Ensemble modeling & prediction interpretability for insurance fraud claims classification
Authors
Balasubramanian, Madhana Veerapandian
Issue Date
2019
Degree
MSc in Data Analytics
Publisher
Dublin Business School
Rights holder
Rights
Items in eSource are protected by copyright. Previously published items are made available in accordance with the copyright policy of the publisher/copyright holder.
Abstract
The insurance fraud claims classification using Ensemble modeling is explained in this research paper. Using the pattern found in the data, Machine learning algorithms were able to find the fraud claims efficiently. The goal of this research is to carry out ensemble models like Gradient Boosting Machine, Random Forest and XGBOOST algorithms with sampling techniques and compare the results obtained with the traditional algorithms like SVM, Logistic Regression and Artificial Neural Networks.
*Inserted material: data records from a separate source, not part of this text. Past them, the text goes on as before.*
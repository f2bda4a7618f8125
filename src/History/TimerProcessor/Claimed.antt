-- ===== src/History/TimerProcessor/Claimed.antt =====
-- `processExpired` of history/internal/service/timer_processor.go: the mark of one timer while a list
-- of claimed timers is dispatched.
use mini_workflow.Prelude.{
  ℕ, ◌+◌, ◌≡◌, refl, sym, ap, ◌∙◌, subst, String, Bool, true, false, Option, none, some, List, [],
  ◌∷◌, map, str_eq, eq_iff, ◌==◌, ==_iff, Bool-cases, Option-cases, inl, inr, if◌then◌else◌,
}
use mini_workflow.History.Models.{Uuid, Timer}
use mini_workflow.History.Backend.{Backend}
use mini_workflow.History.Postgres.{find_timer}
use mini_workflow.History.Postgres.Timers.{get_timer_by_id}
use mini_workflow.History.TimerStore.{Entry, is_in}
use mini_workflow.History.World.{World, Env}
use mini_workflow.History.TimerProcessor.{dispatch}
use mini_workflow.History.TimerProcessor.Dispatch.{dispatch-fired}
use mini_workflow.History.TimerProcessor.Loop.{dispatched, dispatch_all}

-- The read of a timer and its marking succeed.
abbrev pub Answers : Env → Type 0
Answers env = (env.db_fault 0 ≡ none) × (env.db_fault 1 ≡ none)

module _ ⦃b : Backend⦄ where
  module _ (id : Uuid) (t : Timer) where
    abbrev pub Has : Bool → World → Type 0
    Has fired w = find_timer id w.db.timers ≡ some (record t { is_fired = fired })

    dispatch-own :
        (env : Env) (fired : Bool) (w : World)
        → Answers env
        → Has fired w
        → Has true (dispatch env id w).1
    dispatch-own env fired w (read, marked) has =
        dispatch-fired env id id (record t { is_fired = fired }) w read marked has
        ∙ ap (λ c. if c then some (record t { is_fired = true }) else find_timer id w.db.timers)
            ((==_iff id id).1 refl)

    dispatch-other :
        (env : Env) (j : Uuid) (w : World)
        → Answers env
        → (j == id) ≡ false
        → find_timer id (dispatch env j w).1.db.timers ≡ find_timer id w.db.timers
    unfolding dispatch get_timer_by_id
    dispatch-other env j w (read, marked) other = elim (Option-cases (find_timer j w.db.timers)) [
      | inl absent ↦ rw (read, absent) refl
      | inr (u, found) ↦
          dispatch-fired env j id u w read marked found
          ∙ ap (λ c. if c then some (record u { is_fired = true }) else find_timer id w.db.timers)
              other
    ]

    -- A dispatch never takes the mark off.
    dispatched-Has :
        (env : Env) (o : Option Uuid) (fired : Bool) (w : World)
        → Answers env
        → Has fired w
        → (f : Bool) × (fired ≡ true → f ≡ true) × Has f (dispatched env o w)
    dispatched-Has env none fired w up has = (fired, (λ h. h), has)
    dispatched-Has env (some j) fired w up has = elim (Bool-cases (j == id)) [
      | inl own ↦
          let one = (==_iff j id).0 own in
          (
            true,
            (λ h. refl),
            subst (λ k. Has true (dispatch env k w).1) (sym one) (dispatch-own env fired w up has),
          )
      | inr other ↦ (fired, (λ h. h), dispatch-other env j w up other ∙ has)
    ]

    stays_fired :
        (envs : ℕ → Env) (ids : List String) (w : World)
        → ((k : ℕ) → Answers (envs k))
        → Has true w
        → Has true (dispatch_all envs ids w)
    unfolding dispatch_all
    stays_fired envs [] w up has = has
    stays_fired envs (x ∷ rest) w up has =
        let (f, keeps, now) = dispatched-Has (envs 0) (b.parse_uuid x) true w (up 0) has in
        stays_fired (λ k. envs (k + 1)) rest _ (λ k. up (k + 1))
          (subst (λ c. Has c (dispatched (envs 0) (b.parse_uuid x) w)) (keeps refl) now)

    -- A timer that has been claimed is fired.
    pub fires_claimed :
        (envs : ℕ → Env) (c : List Entry) (fired : Bool) (w : World)
        → ((k : ℕ) → Answers (envs k))
        → Has fired w
        → is_in (b.print_uuid id) c ≡ true
        → Has true (dispatch_all envs (map (λ e. e.member) c) w)
    unfolding dispatch_all is_in
    fires_claimed envs [] fired w up has claim = cc
    fires_claimed envs (e ∷ rest) fired w up has claim =
        elim (Bool-cases (str_eq e.member (b.print_uuid id))) [
          | inl own ↦
              let it : b.parse_uuid e.member ≡ some id =
                ap b.parse_uuid ((eq_iff e.member (b.print_uuid id)).0 own)
                ∙ b.parse_uuid-print_uuid id in
              stays_fired (λ k. envs (k + 1)) (map (λ f. f.member) rest) _ (λ k. up (k + 1))
                (subst (λ o. Has true (dispatched (envs 0) o w)) (sym it)
                  (dispatch-own (envs 0) fired w (up 0) has))
          | inr other ↦
              let (f, _, now) =
                dispatched-Has (envs 0) (b.parse_uuid e.member) fired w (up 0) has in
              fires_claimed (λ k. envs (k + 1)) rest f _ (λ k. up (k + 1)) now (rw other at claim)
        ]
This research used data produced by Oracle and classifiers were trained on features selected after feature engineering with Boruta package in R, Chi-Square test, Sample T-test and evaluated with metrics such as Accuracy, ROC and F1 score. The result showed that ensemble methods meet high ROC score than traditional methods. XGBoost algorithm achieved highest AUC score of about 86.8% after over sampling using SMOTE on training data. Local Interpretable Model-Agnostic Explanations (LIME) package was used for model interpretability which gave a good insight on individual prediction. Also, a prediction API was developed using plumber package in R.